• MATERIAL SUPPLIED
=-=-=-=-=

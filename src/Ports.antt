-- ===== src/Ports.antt =====
-- Marks (mark.c) and message ports (pcreate.c, pinit.c, psend.c, preceive.c, pcount.c, preset.c,
-- pdelete.c, ptclear.c) of xinu/sys/common. `psend` and `preceive` may block in `wait`, so each is two
-- steps: what it does up to and with that call, and the rest, for when the caller runs again.
pub mod Nodes
pub mod Append
pub mod Take
mod Tests
use xinu_swd.Prelude.{
  ℕ, zero, suc, ◌+◌, ◌*◌, ◌-◌, Bool, true, false, ◌&&◌, ◌||◌, Option, none, some, if◌then◌else◌,
  ◌==◌,
}
use mathlib.Core.Bool.{not}
use xinu_swd.Prelude.Int.{ℤ, pos, ◌==ℤ◌, ◌+ℤ◌, ◌-ℤ◌, ltb_ℤ, leb_ℤ, pos_part}
use xinu_swd.Conf.{ok, syserr}
use xinu_swd.Queue.{update}
use xinu_swd.Kernel.{Kernel, M}
use xinu_swd.Kernel.Sem.{wait, signal, screate, sdelete, sreset, scount}
use xinu_swd.Memory.{Mem, getmem}

-- `NPORTS` of xinu/config/mio, and `MAXMSGS`
abbrev pub n_ports : ℤ
n_ports = pos 200

abbrev pub max_msgs : ℕ
max_msgs = 100

-- `PTFREE`, `PTLIMBO`, `PTALLOC`
pub data Ptstate : Type 0 where
  free limbo alloc : Ptstate

abbrev pub is_free : Ptstate → Bool
is_free free = true
is_free _ = false

abbrev pub is_alloc : Ptstate → Bool
is_alloc alloc = true
is_alloc _ = false

-- `struct pt`; a node is named by its address, and 0 is `NULL`.
pub record Pt : Type 0 where
  pub ptstate : Ptstate
  pub ptssem : ℤ
  pub ptrsem : ℤ
  pub ptmaxcnt : ℤ
  pub ptseq : ℤ
  pub pthead : ℕ
  pub pttail : ℕ

-- The nodes' fields by address, the list of free nodes, the table, and whether `ptmark` is marked.
pub record Ports : Type 0 where
  pub ptmsg : ℕ → ℤ
  pub ptnext : ℕ → ℕ
  pub ptfree : ℕ
  pub ports : ℤ → Pt
  pub ptnextp : ℤ
  pub marked : Bool

abbrev pub put {ℓ} : {A : Type ℓ} → (ℕ → A) → ℕ → A → ℕ → A
put f a v i = if i == a then v else f i

abbrev pub set_pt : ℤ → Pt → Ports → Ports
set_pt p t s = record s { ports = update s.ports p t }

-- The table of marks: `marks[i]` is an address, and `at` what stands there.
pub record Marks : Type 0 where
  pub marks : ℤ → ℕ
  pub nmarks : ℤ
  pub at : ℕ → ℤ

-- `marked(L)` of include/mark.h
abbrev pub is_marked : Marks → ℕ → Bool
is_marked m loc =
    leb_ℤ (pos 0) (m.at loc) && ltb_ℤ (m.at loc) m.nmarks && (m.marks (m.at loc) == loc)

-- `mark`, with `MAXMARK` 20. The semaphore around the two writes is left out.
unfoldable pub mark : ℕ → Marks → ℤ × Marks
mark loc m =
    if is_marked m loc
    then (pos 0, m)
    else (if leb_ℤ (pos 20) m.nmarks then (syserr, m) else (
      ok,
      record {
        marks = update m.marks m.nmarks loc;
        nmarks = m.nmarks +ℤ pos 1;
        at = put m.at loc m.nmarks;
      },
    ))

-- The loop of `pinit` that links the nodes; a node takes 8 bytes.
unfoldable pub link_nodes : ℕ → ℕ → (ℕ → ℕ) → ℕ → ℕ
link_nodes zero prev next = put next prev 0
link_nodes (suc n) prev next = link_nodes n (prev + 8) (put next prev (prev + 8))

-- `pinit`; the value `none` is the panic.
unfoldable pub pinit : ℕ → ℕ → Mem → Ports → Option (Option ℤ × Mem × Ports)
pinit f maxmsgs m s = elim (getmem f (8 * maxmsgs) m) [
  | none ↦ none
  | some (r, m') ↦
      let first = pos_part r in
      let s' = record s {
        ptfree = first;
        ports = λ p.
            if ltb_ℤ p (pos 0) || leb_ℤ n_ports p
            then s.ports p
            else record (s.ports p) { ptstate = free };
        ptnextp = n_ports -ℤ pos 1;
        ptnext = link_nodes (maxmsgs - 1) first s.ptnext;
      } in
      some (if r ==ℤ syserr then (none, m', s) else (some ok, m', s'))
]

-- The search of `pcreate`, in `n` rounds: the free port, and the port at which to go on.
unfoldable pub find_port : ℕ → Ports → Option ℤ × ℤ
find_port zero s = (none, s.ptnextp)
find_port (suc n) s =
    let p = s.ptnextp in
    let down = if leb_ℤ p (pos 0) then n_ports -ℤ pos 1 else p -ℤ pos 1 in
    let rest = find_port n (record s { ptnextp = down }) in
    if is_free (s.ports p).ptstate then (some p, down) else rest

-- `pcreate` behind its tests, once the ports are set up.
unfoldable pub pcreate_rest : ℤ → Kernel → Ports → ℤ × Kernel × Ports
pcreate_rest count k s =
    let (found, nextp) = find_port 200 s in
    let s₁ = record s { ptnextp = nextp } in
    elim found [
      | none ↦ (syserr, k, s₁)
      | some p ↦
          let (ssem, k₁) = screate count k in
          let (rsem, k₂) = screate (pos 0) k₁ in
          let t : Pt = record {
            ptstate = alloc;
            ptssem = ssem;
            ptrsem = rsem;
            ptmaxcnt = count;
            ptseq = (s.ports p).ptseq +ℤ pos 1;
            pthead = 0;
            pttail = 0;
          } in
          (p, k₂, set_pt p t s₁)
    ]

-- `mark(ptmark)` marks at the first call, and the ports are set up then.
unfoldable pub pcreate : ℕ → ℤ → Kernel → Mem → Ports → Option (Option ℤ × Kernel × Mem × Ports)
pcreate f count k m s =
    let init =
      if s.marked then some (some ok, m, s) else pinit f max_msgs m (record s { marked = true }) in
    if ltb_ℤ count (pos 0) then some (some syserr, k, m, s) else elim init [
      | none ↦ none
      | some (none, m', s') ↦ some (none, k, m', s')
      | some (some v, m', s') ↦
          let (p, k', s'') = pcreate_rest count k s' in some (some p, k', m', s'')
    ]

abbrev pub is_bad_port : ℤ → Ports → Bool
is_bad_port p s =
    ltb_ℤ p (pos 0) || leb_ℤ n_ports p || not s.marked || not (is_alloc (s.ports p).ptstate)

-- The first steps of `psend` and `preceive`: the sequence number, and what `wait` returns.
unfoldable pub psend_wait : ℤ → Ports → M (Option (ℤ × ℤ))
psend_wait p s k = if is_bad_port p s then some (none, k) else elim (wait (s.ports p).ptssem k) [
  | none ↦ none
  | some (r, k') ↦ some (some ((s.ports p).ptseq, r), k')
]

unfoldable pub preceive_wait : ℤ → Ports → M (Option (ℤ × ℤ))
preceive_wait p s k = if is_bad_port p s then some (none, k) else elim (wait (s.ports p).ptrsem k) [
  | none ↦ none
  | some (r, k') ↦ some (some ((s.ports p).ptseq, r), k')
]

-- Whether the port is still the one that the caller waited for.
abbrev pub is_stale : ℤ → ℤ → ℤ → Ports → Bool
is_stale p seq r s =
    r ==ℤ syserr || not (is_alloc (s.ports p).ptstate) || not ((s.ports p).ptseq ==ℤ seq)

-- A free node takes the message and goes to the end of the port's list.
unfoldable pub append_msg : ℤ → ℤ → Ports → Ports
append_msg p msg s =
    let t = s.ports p in
    let node = s.ptfree in
    let s₁ = record s {
      ptfree = s.ptnext node;
      ptnext = put s.ptnext node 0;
      ptmsg = put s.ptmsg node msg;
    } in
    if t.pttail == 0
    then set_pt p (record t { pttail = node; pthead = node }) s₁
    else set_pt p (record t { pttail = node }) (record s₁ { ptnext = put s₁.ptnext t.pttail node })

-- The rest of `psend`; the value `none` is the panic when the nodes are used up.
unfoldable pub psend_rest : ℤ → ℤ → ℤ → ℤ → Ports → Kernel → Option (Option ℤ × Kernel × Ports)
psend_rest p msg seq r s k =
    if is_stale p seq r s
    then some (some syserr, k, s)
    else (if s.ptfree == 0 then some (none, k, s) else elim (signal (s.ports p).ptrsem k) [
      | none ↦ none
      | some (v, k') ↦ some (some ok, k', append_msg p msg s)
    ])

-- The first message leaves the port's list, and its node goes to the free ones.
unfoldable pub take_msg : ℤ → Ports → ℤ × Ports
take_msg p s =
    let t = s.ports p in
    let node = t.pthead in
    let t' =
      if t.pthead == t.pttail
      then record t { pthead = 0; pttail = 0 }
      else record t { pthead = s.ptnext node } in
    (s.ptmsg node, set_pt p t' (record s { ptnext = put s.ptnext node s.ptfree; ptfree = node }))

unfoldable pub preceive_rest : ℤ → ℤ → ℤ → Ports → Kernel → Option (ℤ × Kernel × Ports)
preceive_rest p seq r s k =
    let (msg, s') = take_msg p s in
    if is_stale p seq r s
    then some (syserr, k, s)
    else elim (signal (s.ports p).ptssem k) [ none ↦ none | some (v, k') ↦ some (msg, k', s') ]

-- The messages of the port, and the senders that wait for room.
unfoldable pub pcount : ℤ → Ports → Kernel → ℤ
pcount p s k =
    let count = scount (s.ports p).ptrsem k in
    let scnt = scount (s.ports p).ptssem k in
    if is_bad_port p s then syserr else (if ltb_ℤ scnt (pos 0) then count -ℤ scnt else count)

-- The lists of `_ptclear`: the port's nodes, all at once, go to the free ones. What the
-- caller's function `dispose` does with the messages is not part of the state.
unfoldable pub free_msgs : ℤ → Ports → Ports
free_msgs p s =
    let t = s.ports p in
    if t.pthead == 0
    then s
    else record s { ptnext = put s.ptnext t.pttail s.ptfree; ptfree = t.pthead }

-- What `_ptclear` does before it resets the semaphores, and behind that: processes that the reset
-- sets free may run in between, and find the port in limbo.
unfoldable pub ptclear_begin : ℤ → Bool → Ports → Ports
ptclear_begin p again s =
    let t = s.ports p in
    let t₁ = record t { ptstate = limbo; ptseq = t.ptseq +ℤ pos 1 } in
    let s₁ = free_msgs p (set_pt p t₁ s) in
    if again then set_pt p (record t₁ { pttail = 0; pthead = 0 }) s₁ else s₁

unfoldable pub ptclear_sems : ℤ → Bool → Ports → Kernel → Option Kernel
ptclear_sems p again s k =
    let t = s.ports p in
    elim (if again then sreset t.ptssem t.ptmaxcnt k else sdelete t.ptssem k) [
      | none ↦ none
      | some (v, k₁) ↦ elim (if again then sreset t.ptrsem (pos 0) k₁ else sdelete t.ptrsem k₁) [
        | none ↦ none
        | some (w, k₂) ↦ some k₂
      ]
    ]

unfoldable pub ptclear_end : ℤ → Bool → Ports → Ports
ptclear_end p again s = set_pt p (record (s.ports p) { ptstate = if again then alloc else free }) s

-- The whole, where no other process runs in between.
unfoldable pub ptclear : ℤ → Bool → Ports → Kernel → Option (Kernel × Ports)
ptclear p again s k =
    let s₁ = ptclear_begin p again s in
    elim (ptclear_sems p again s₁ k) [ none ↦ none | some k' ↦ some (k', ptclear_end p again s₁) ]

unfoldable pub preset : ℤ → Ports → Kernel → Option (ℤ × Kernel × Ports)
preset p s k =
    if is_bad_port p s
    then some (syserr, k, s)
    else elim (ptclear p true s k) [ none ↦ none | some (k', s') ↦ some (ok, k', s') ]

unfoldable pub pdelete : ℤ → Ports → Kernel → Option (ℤ × Kernel × Ports)
pdelete p s k =
    if is_bad_port p s
    then some (syserr, k, s)
    else elim (ptclear p false s k) [ none ↦ none | some (k', s') ↦ some (ok, k', s') ]
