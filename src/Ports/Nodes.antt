-- ===== src/Ports/Nodes.antt =====
-- The nodes of a port's list and of the list of free nodes (include/ports.h) as sequences.
use xinu_swd.Prelude.{
  ℕ, ◌≡◌, refl, ap, ◌∙◌, Bool, true, false, ◌||◌, List, [], ◌∷◌, ◌++◌, map, arith, ◌==◌, ==_iff,
}
use xinu_swd.Prelude.Int.{ℤ}
use xinu_swd.Ports.{Ports, put}

abbrev pub has : ℕ → List ℕ → Bool
has a [] = false
has a (n ∷ ns) = (a == n) || has a ns

abbrev pub Distinct : List ℕ → Type 0
Distinct [] = Unit
Distinct (n ∷ ns) = (has n ns ≡ false) × Distinct ns

-- The nodes `ns` are linked, from `a` on.
abbrev pub Nodes : (ℕ → ℕ) → ℕ → List ℕ → Type 0
Nodes next a [] = a ≡ 0
Nodes next a (n ∷ ns) = (a ≡ n) × ((n == 0) ≡ false) × Nodes next (next n) ns

abbrev pub last : ℕ → List ℕ → ℕ
last d [] = d
last d (n ∷ ns) = last n ns

-- The port `p` has the nodes `ns`, and the nodes `fs` are free.
pub record IsPort (s : Ports) (p : ℤ) (fs ns : List ℕ) : Type 0 where
  pub free : Nodes s.ptnext s.ptfree fs
  pub list : Nodes s.ptnext (s.ports p).pthead ns
  pub tail : (s.ports p).pttail ≡ last 0 ns
  pub free_distinct : Distinct fs
  pub list_distinct : Distinct ns
  pub apart : (a : ℕ) → has a fs ≡ true → has a ns ≡ false

pub put_same {ℓ} : {A : Type ℓ} (f : ℕ → A) (a : ℕ) (v : A) → put f a v a ≡ v
put_same f a v = let e : (a == a) ≡ true = ground (arith, ==_iff a a) in rw e

pub put_other {ℓ} :
    {A : Type ℓ} (f : ℕ → A) (a : ℕ) (v : A) (b : ℕ) → (b == a) ≡ false → put f a v b ≡ f b
put_other f a v b h = rw h

pub ==_comm : (a b : ℕ) → (a == b) ≡ (b == a)
==_comm a b = ground arith

pub Nodes-put :
    (next : ℕ → ℕ) (x v a : ℕ) (ns : List ℕ)
    → has x ns ≡ false
    → Nodes next a ns
    → Nodes (put next x v) a ns
Nodes-put next x v a [] out is = is
Nodes-put next x v a (n ∷ ns) out is =
    let ne : (n == x) ≡ false = ground (arith, ==_comm n x) in
    (is.0, is.1, rw ne (Nodes-put next x v (next n) ns (ground arith) is.2))

pub map-put :
    (f : ℕ → ℤ) (x : ℕ) (v : ℤ) (ns : List ℕ) → has x ns ≡ false → map (put f x v) ns ≡ map f ns
map-put f x v [] out = refl
map-put f x v (n ∷ ns) out =
    let ne : (n == x) ≡ false = ground (arith, ==_comm n x) in
    rw ne (ap (λ z. f n ∷ z) (map-put f x v ns (ground arith)))

pub ne_last : (a n : ℕ) (ns : List ℕ) → has a (n ∷ ns) ≡ false → (a == last n ns) ≡ false
ne_last a n [] h = ground arith
ne_last a n (m ∷ ns) h = ne_last a m ns (ground arith)

-- A node linked behind the last one.
pub Nodes-snoc :
    (next : ℕ → ℕ) (f a n : ℕ) (ns : List ℕ)
    → (f == 0) ≡ false
    → next f ≡ 0
    → Distinct (n ∷ ns)
    → has f (n ∷ ns) ≡ false
    → Nodes next a (n ∷ ns)
    → Nodes (put next (last n ns) f) a ((n ∷ ns) ++ f ∷ [])
Nodes-snoc next f a n [] nz end d out is =
    let ne : (f == n) ≡ false = ground arith in
    (is.0, is.1, (put_same next n f, nz, put_other next n f f ne ∙ end))
Nodes-snoc next f a n (m ∷ ns) nz end d out is =
    let ne : (n == last m ns) ≡ false = ne_last n m ns d.0 in
    (is.0, is.1, rw ne (Nodes-snoc next f (next n) m ns nz end d.1 (ground arith) is.2))

pub has-append : (a : ℕ) (ms ns : List ℕ) → has a (ms ++ ns) ≡ (has a ms || has a ns)
has-append a [] ns = refl
has-append a (m ∷ ms) ns = ground (arith, has-append a ms ns)

pub Distinct-snoc : (f : ℕ) (ns : List ℕ) → has f ns ≡ false → Distinct ns → Distinct (ns ++ f ∷ [])
Distinct-snoc f [] out d = (refl, tt)
Distinct-snoc f (n ∷ ns) out d =
    (ground (arith, has-append n ns (f ∷ []), ==_comm n f), Distinct-snoc f ns (ground arith) d.1)

pub last-snoc : (d f : ℕ) (ns : List ℕ) → last d (ns ++ f ∷ []) ≡ f
last-snoc d f [] = refl
last-snoc d f (n ∷ ns) = last-snoc n f ns

pub map-snoc : (g : ℕ → ℤ) (f : ℕ) (ns : List ℕ) → map g (ns ++ f ∷ []) ≡ map g ns ++ g f ∷ []
map-snoc g f [] = refl
map-snoc g f (n ∷ ns) = ap (λ z. g n ∷ z) (map-snoc g f ns)

abbrev pub msgs : Ports → List ℕ → List ℤ
msgs s ns = map s.ptmsg ns

pub appended_msgs :
    (s : Ports) (f : ℕ) (msg : ℤ) (ns : List ℕ)
    → has f ns ≡ false
    → map (put s.ptmsg f msg) (ns ++ f ∷ []) ≡ msgs s ns ++ msg ∷ []
appended_msgs s f msg ns out =
    map-snoc (put s.ptmsg f msg) f ns
    ∙ rw (map-put s.ptmsg f msg ns out, put_same s.ptmsg f msg) refl
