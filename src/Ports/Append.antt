-- ===== src/Ports/Append.antt =====
-- `psend` (xinu/sys/common/psend.c) puts its message behind the others of the port.
use xinu_swd.Prelude.{
  ℕ, ◌≡◌, refl, sym, ap, ◌∙◌, true, false, List, [], ◌∷◌, ◌++◌, arith, ◌==◌, ==_iff, Bool-cases,
  inl, inr,
}
use mathlib.Core.Path.{subst}
use xinu_swd.Prelude.Int.{ℤ, ==ℤ-refl}
use xinu_swd.Ports.{Ports, put, set_pt, append_msg}
use xinu_swd.Ports.Nodes.{
  has, Nodes, last, IsPort, put_same, Nodes-put, Nodes-snoc, has-append, Distinct-snoc, last-snoc,
  msgs, appended_msgs,
}

abbrev with_node : ℕ → ℤ → Ports → Ports
with_node f msg s = record s {
  ptfree = s.ptnext f;
  ptnext = put s.ptnext f 0;
  ptmsg = put s.ptmsg f msg;
}

-- The message on an empty list, and behind the last node `l`.
abbrev alone : ℤ → ℕ → ℤ → Ports → Ports
alone p f msg s = set_pt p (record (s.ports p) { pttail = f; pthead = f }) (with_node f msg s)

abbrev behind : ℤ → ℕ → ℕ → ℤ → Ports → Ports
behind p l f msg s =
    set_pt p (record (s.ports p) { pttail = f })
      (record (with_node f msg s) { ptnext = put (put s.ptnext f 0) l f })

append_msg-alone :
    (s : Ports) (p msg : ℤ)
    → ((s.ports p).pttail == 0) ≡ true
    → append_msg p msg s ≡ alone p s.ptfree msg s
unfolding append_msg
append_msg-alone s p msg t = rw t

append_msg-behind :
    (s : Ports) (p msg : ℤ)
    → ((s.ports p).pttail == 0) ≡ false
    → append_msg p msg s ≡ behind p (s.ports p).pttail s.ptfree msg s
unfolding append_msg
append_msg-behind s p msg t = rw t

ne_of_has : (a f : ℕ) (ns : List ℕ) → has a ns ≡ true → has f ns ≡ false → (a == f) ≡ false
ne_of_has a f ns h out = elim (Bool-cases (a == f)) [
  | inl e ↦
      let same : a ≡ f = ground (arith, ==_iff a f) in
      let h' : has f ns ≡ true = rw same at h in absurd (ground arith)
  | inr e ↦ e
]

last_ne_0 :
    (next : ℕ → ℕ) (a n : ℕ) (ns : List ℕ) → Nodes next a (n ∷ ns) → (last n ns == 0) ≡ false
last_ne_0 next a n [] is = is.1
last_ne_0 next a n (m ∷ ns) is = last_ne_0 next (next n) m ns is.2

has-last : (n : ℕ) (ns : List ℕ) → has (last n ns) (n ∷ ns) ≡ true
has-last n [] = ground arith
has-last n (m ∷ ns) = ground (arith, has-last m ns)

module _ {s : Ports} {p : ℤ} (msg : ℤ) where
  alone-IsPort :
      (f : ℕ) (fs : List ℕ) → IsPort s p (f ∷ fs) [] → IsPort (alone p f msg s) p fs (f ∷ [])
  alone-IsPort f fs is = record {
    free = Nodes-put s.ptnext f 0 (s.ptnext f) fs is.free_distinct.0 is.free.2;
    list = rw (==ℤ-refl p) (refl, is.free.1, put_same s.ptnext f 0);
    tail = rw (==ℤ-refl p) refl;
    free_distinct = is.free_distinct.1;
    list_distinct = (refl, tt);
    apart = λ a h. rw (ne_of_has a f fs h is.free_distinct.0);
  }

  behind-IsPort :
      (f : ℕ) (fs : List ℕ) (n : ℕ) (ns : List ℕ)
      → IsPort s p (f ∷ fs) (n ∷ ns)
      → IsPort (behind p (last n ns) f msg s) p fs ((n ∷ ns) ++ f ∷ [])
  behind-IsPort f fs n ns is =
      let out : has f (n ∷ ns) ≡ false = is.apart f (ground (arith, ==_iff f f)) in
      let next = put s.ptnext f 0 in
      let list : Nodes next (s.ports p).pthead (n ∷ ns) =
        Nodes-put s.ptnext f 0 (s.ports p).pthead (n ∷ ns) out is.list in
      record {
        free =
            Nodes-put next (last n ns) f (s.ptnext f) fs
              (ground (arith, is.apart (last n ns), has-last n ns))
              (Nodes-put s.ptnext f 0 (s.ptnext f) fs is.free_distinct.0 is.free.2);
        list = rw (==ℤ-refl p) (
            Nodes-snoc next f (s.ports p).pthead n ns is.free.1 (put_same s.ptnext f 0)
              is.list_distinct out list);
        tail = rw (==ℤ-refl p) (sym (last-snoc 0 f (n ∷ ns)));
        free_distinct = is.free_distinct.1;
        list_distinct = Distinct-snoc f (n ∷ ns) out is.list_distinct;
        apart = λ a h. ground (
          arith,
          has-append a (n ∷ ns) (f ∷ []),
          is.apart a,
          ne_of_has a f fs h is.free_distinct.0,
        );
      }

  -- For a port whose nodes and those of the list of free nodes are well linked and apart, with a
  -- free node: what `psend` does once the port has room takes the first free node, leaves both
  -- lists well linked and apart, and the messages of the port are the old ones with the new one
  -- behind them.
  pub append_msg-msgs :
      (f : ℕ) (fs ns : List ℕ)
      → IsPort s p (f ∷ fs) ns
      → IsPort (append_msg p msg s) p fs (ns ++ f ∷ [])
        × (msgs (append_msg p msg s) (ns ++ f ∷ []) ≡ msgs s ns ++ msg ∷ [])
  append_msg-msgs f fs [] is =
      let z : ((s.ports p).pttail == 0) ≡ true = rw is.tail in
      let e : append_msg p msg s ≡ alone p f msg s =
        append_msg-alone s p msg z ∙ ap (λ z. alone p z msg s) is.free.0 in
      rw e (alone-IsPort f fs is, appended_msgs s f msg [] refl)
  append_msg-msgs f fs (n ∷ ns) is =
      let nz : ((s.ports p).pttail == 0) ≡ false =
        rw is.tail (last_ne_0 s.ptnext (s.ports p).pthead n ns is.list) in
      let e : append_msg p msg s ≡ behind p (last n ns) f msg s =
        append_msg-behind s p msg nz ∙ cc (is.tail, is.free.0) in
      subst
        (λ z.
          IsPort z p fs ((n ∷ ns) ++ f ∷ [])
          × (msgs z ((n ∷ ns) ++ f ∷ []) ≡ msgs s (n ∷ ns) ++ msg ∷ []))
        (sym e)
        (
          behind-IsPort f fs n ns is,
          appended_msgs s f msg (n ∷ ns) (is.apart f (ground (arith, ==_iff f f))),
        )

=-=-=-=-=

• WHAT THE TASK ASKS
Search the listing for "messages" and show every line where it occurs.

• WRITTEN SOLUTION
-- The messages of the port, and the senders that wait for room.
-- caller's function `dispose` does with the messages is not part of the state.
  -- lists well linked and apart, and the messages of the port are the old ones with the new one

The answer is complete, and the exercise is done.